Clément Hervieu-Léger : « Tourgueniev accepte de regarder l’amour comme un symptôme »

photo : Compagnie des Petits Champs

Dans Un Mois à la campagne, Tourgueniev peint un monde rural russe las où chaque personnage, à la personnalité complexe, va bouleverser par ses actes une apparente sérénité. Clément Hervieu-Léger, sociétaire de la Comédie-Française, met en scène cette pièce pour sa Compagnie des Petits Champs qui sera mardi 21 mars au Forum à Flers avec la scène nationale 61 et jeudi 6 avril au théâtre de l’Arsenal à Val-de-Reuil. Entretien.

En quoi cette pièce de Tourgueniev garde une modernité ?

Tourgueniev parle du couple, de la condition de la femme. Il écrit cette pièce au milieu du XIXe siècle et tient un propos sidérant de modernité. Un homme, Arkady, domine le couple et impose à son épouse une forme de soumission. Natalia se retrouve confrontée à ses envies, ses difficultés à être elle-même. Elle vit dans un grand domaine agricole mais se considère à l’étroit dans sa vie. Quand arrive Alexeï, tout se fissure. Comment alors va-t-elle faire face à ses désirs ? Tout comme Véra qui devient une femme. À cette époque-là, en France, on joue Musset, Hugo… et on n’est pas du tout dans la même modernité.

L’histoire de cette pièce rappelle l’univers de Tchekhov.

Oui, il y a quelque chose de très tchekhovien dans Un Mois à la campagne. Tourgueniev a ouvert une voie à un genre de théâtre. C’est un théâtre du quotidien qui parle de nous. On oublie souvent que Tourgueniev a écrit cette pièce cinquante ans avant La Cerisaie. Et lui mène un combat pour la fin du servage. Cette question du transfuge de classe est aussi toujours en cours aujourd’hui.  C’est le cas d’Alexeï qui arrive dans un milieu qui n’est pas le sien. Il n’a pas les codes.

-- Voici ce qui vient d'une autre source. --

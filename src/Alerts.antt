-- ===== src/Alerts.antt =====
-- internal/alerts/condition.go, rules.go: condition kinds, thresholds, and what a rule covers.
mod Quiet
mod Rules
pub mod Conditions
pub mod Evaluate
pub mod Dispatch
mod Samples
use valmin.Shared.{
  ℕ, zero, suc, ◌+◌, ◌*◌, Bool, true, false, not, ◌&&◌, ◌||◌, List, [], ◌∷◌, Option, none, some,
  Text, codes, text_eq, if◌then◌else◌, ltb, leb, ℤ, pos, negsuc,
}

pub data Kind : Type 0 where
  job_failed low_disk stale_backup unclean_stop restart_required update_available : Kind
  instance_error crash_loop job_stuck backup_attention : Kind
  power_cut server_started server_stopped : Kind
  player_joined player_left boss_defeated boss_fight_started boss_fight_ended : Kind
  raid_started raid_ended : Kind

-- `String`.
pub kind_name : Kind → Text
kind_name job_failed = codes "job_failed"
kind_name low_disk = codes "low_disk"
kind_name stale_backup = codes "stale_backup"
kind_name unclean_stop = codes "unclean_stop"
kind_name restart_required = codes "restart_required"
kind_name update_available = codes "update_available"
kind_name instance_error = codes "instance_error"
kind_name crash_loop = codes "crash_loop"
kind_name job_stuck = codes "job_stuck"
kind_name backup_attention = codes "backup_attention"
kind_name power_cut = codes "power_cut"
kind_name server_started = codes "server_started"
kind_name server_stopped = codes "server_stopped"
kind_name player_joined = codes "player_joined"
kind_name player_left = codes "player_left"
kind_name boss_defeated = codes "boss_defeated"
kind_name boss_fight_started = codes "boss_fight_started"
kind_name boss_fight_ended = codes "boss_fight_ended"
kind_name raid_started = codes "raid_started"
kind_name raid_ended = codes "raid_ended"

pub kinds : List Kind
kinds =
    job_failed ∷ low_disk ∷ stale_backup ∷ unclean_stop ∷ restart_required ∷ update_available
    ∷ instance_error ∷ crash_loop ∷ job_stuck ∷ backup_attention ∷ []

pub events : List Kind
events =
    power_cut ∷ server_started ∷ server_stopped ∷ player_joined ∷ player_left ∷ boss_defeated
    ∷ boss_fight_started ∷ boss_fight_ended ∷ raid_started ∷ raid_ended ∷ []

find_kind : Text → List Kind → Option Kind
find_kind s [] = none
find_kind s (k ∷ ks) = if text_eq (kind_name k) s then some k else find_kind s ks

abbrev or_else : Option Kind → Option Kind → Option Kind
or_else none o = o
or_else (some k) o = some k

-- `ParseKind`.
pub parse_kind : Text → Option Kind
unfolding find_kind kinds events
parse_kind s = or_else (find_kind s kinds) (find_kind s events)

-- A kind's thresholds as a rule holds them. Durations are in nanoseconds; the stale factor is a
-- floating-point number, of a type that is a parameter.
pub record Params (F : Type 0) : Type 0 where
  pub crash_count : ℤ
  pub crash_window : ℤ
  pub stuck_after : ℤ
  pub stale_factor : F

-- The thresholds with every unset one filled in.
pub record Thresholds (F : Type 0) : Type 0 where
  pub crash_count : ℕ
  pub crash_window : ℕ
  pub stuck_after : ℕ
  pub stale_factor : F

abbrev positive_or : ℕ → ℤ → ℕ
positive_or fallback (pos zero) = fallback
positive_or fallback (pos (suc n)) = suc n
positive_or fallback (negsuc n) = fallback

abbrev pub seconds : ℕ → ℕ
seconds n = n * 1000000000

-- What the code does with floating-point numbers: `f > 1`, the number 2, and `float64(n) < f`.
pub record Floats (F : Type 0) : Type 0 where
  pub above_one : F → Bool
  pub two : F
  pub zero : F
  pub missed_below : ℕ → F → Bool

module _ {F : Type 0} (fl : Floats F) where
  -- `Defaults`.
  pub defaults : Params F → Thresholds F
  defaults p = record {
    crash_count = positive_or 3 p.crash_count;
    crash_window = positive_or (seconds 1800) p.crash_window;
    stuck_after = positive_or (seconds 3600) p.stuck_after;
    stale_factor = if fl.above_one p.stale_factor then p.stale_factor else fl.two;
  }

  abbrev pub no_params : Params F
  no_params = record {
    crash_count = pos 0;
    crash_window = pos 0;
    stuck_after = pos 0;
    stale_factor = fl.zero;
  }

-- A row of `alert_rules`.
pub record Rule : Type 0 where
  pub id : Text
  pub instance_id : Option Text
  pub condition_kind : Text
  pub params : Text
  pub quiet_start : Option ℕ
  pub quiet_end : Option ℕ
  pub quiet_tz : Option Text
  pub enabled : Bool

abbrev pub names_none : Option Text → Bool
names_none none = true
names_none (some i) = false

abbrev pub covers : Text → Option Text → Bool
covers instance_id none = true
covers instance_id (some i) = text_eq i instance_id

-- The two tests of the loop of `RuleResolver`.
applies : Text → Text → Rule → Bool
applies kind instance_id r =
    r.enabled && text_eq r.condition_kind kind && covers instance_id r.instance_id

prefer : Option Rule → Rule → Rule
prefer none r = r
prefer (some chosen) r =
    if names_none chosen.instance_id && not (names_none r.instance_id) then r else chosen

-- The loop of `RuleResolver`.
pub choose : Text → Text → List Rule → Option Rule → Option Rule
unfolding applies prefer
choose kind instance_id [] chosen = chosen
choose kind instance_id (r ∷ rules) chosen =
    choose kind instance_id rules
      (if applies kind instance_id r then some (prefer chosen r) else chosen)

module _ {F : Type 0} (fl : Floats F) (decode : Text → Params F) where
  pub decoded : Option Rule → Params F
  decoded none = no_params fl
  decoded (some r) = decode r.params

  -- `RuleResolver`.
  pub rule_resolver : List Rule → Kind → Text → Params F
  unfolding decoded choose
  rule_resolver rules kind instance_id = decoded (choose (kind_name kind) instance_id rules none)

abbrev pub same_instance : Text → Option Text → Bool
same_instance i none = false
same_instance i (some j) = text_eq j i

matches_instance : (rule condition : Option Text) → Bool
matches_instance none c = true
matches_instance (some i) c = same_instance i c

-- `Matches`, at the kind and the instance of a condition.
pub matches : Rule → Text → Option Text → Bool
unfolding matches_instance
matches r kind instance_id =
    r.enabled && text_eq r.condition_kind kind && matches_instance r.instance_id instance_id

in_window : (start end minutes : ℕ) → Bool
in_window start end minutes =
    if leb start end
    then leb start minutes && ltb minutes end
    else leb start minutes || ltb minutes end

quiet_at : (start end : ℕ) → Option ℕ → Bool
unfolding in_window
quiet_at start end none = false
quiet_at start end (some minutes) = in_window start end minutes

quiet_in : (Text → ℕ → Option ℕ) → ℕ → (start end : Option ℕ) → Option Text → Bool
unfolding quiet_at
quiet_in local now (some start) (some end) (some tz) = quiet_at start end (local tz now)
quiet_in local now none end tz = false
quiet_in local now (some start) none tz = false
quiet_in local now (some start) (some end) none = false

-- `Quiet`. The minutes since midnight that a zone's clock shows are a parameter, `none` for a zone
-- that cannot be loaded.
pub quiet : (Text → ℕ → Option ℕ) → Rule → ℕ → Bool
unfolding quiet_in
quiet local r now = quiet_in local now r.quiet_start r.quiet_end r.quiet_tz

Comme dans La Cerisaie, Un Mois à la campagne parle d’un prochain changement.

Il nous parle de la fin d’un monde. Tchekhov écrit quand le servage est aboli. Pas Tourgeniev. Il est dans un carcan. Il est vrai que l’on rapproche souvent ces deux auteurs. Peut-être parce qu’ils nous parlent tant, qu’ils racontent la fin d’une époque et se demandent comment reconstruire. Ils ont également ce regard commun, un regard médical sur la société. D’ailleurs, au début de la pièce, le médecin prend le pouls de Véra qui bat trop faiblement. À la fin, il effectue le même examen. Cette fois, il va plus vite. Ce début et cette fin sont magnifiques. C’est comme s’il écrivait au rythme du cœur de ces deux femmes. Tourgueniev accepte ainsi de regarder l’amour comme un symptôme.

Est-ce le sentiment amoureux qui domine dans cette pièce ?

On ne parle quasiment que de cela. Tourgueniev en donne une sorte d’éventail. Il se demande où est le sentiment amoureux dans un couple, comment on peut s’abandonner à un amour platonique. Arkady aime sa femme. Il le dit : sans Natalia, je ne serais rien. Les personnages sont très complexes. C’est ce qui fait la force de cette pièce. On peut se retrouver dans un personnage ou se reconnaître par petits bouts dans tous.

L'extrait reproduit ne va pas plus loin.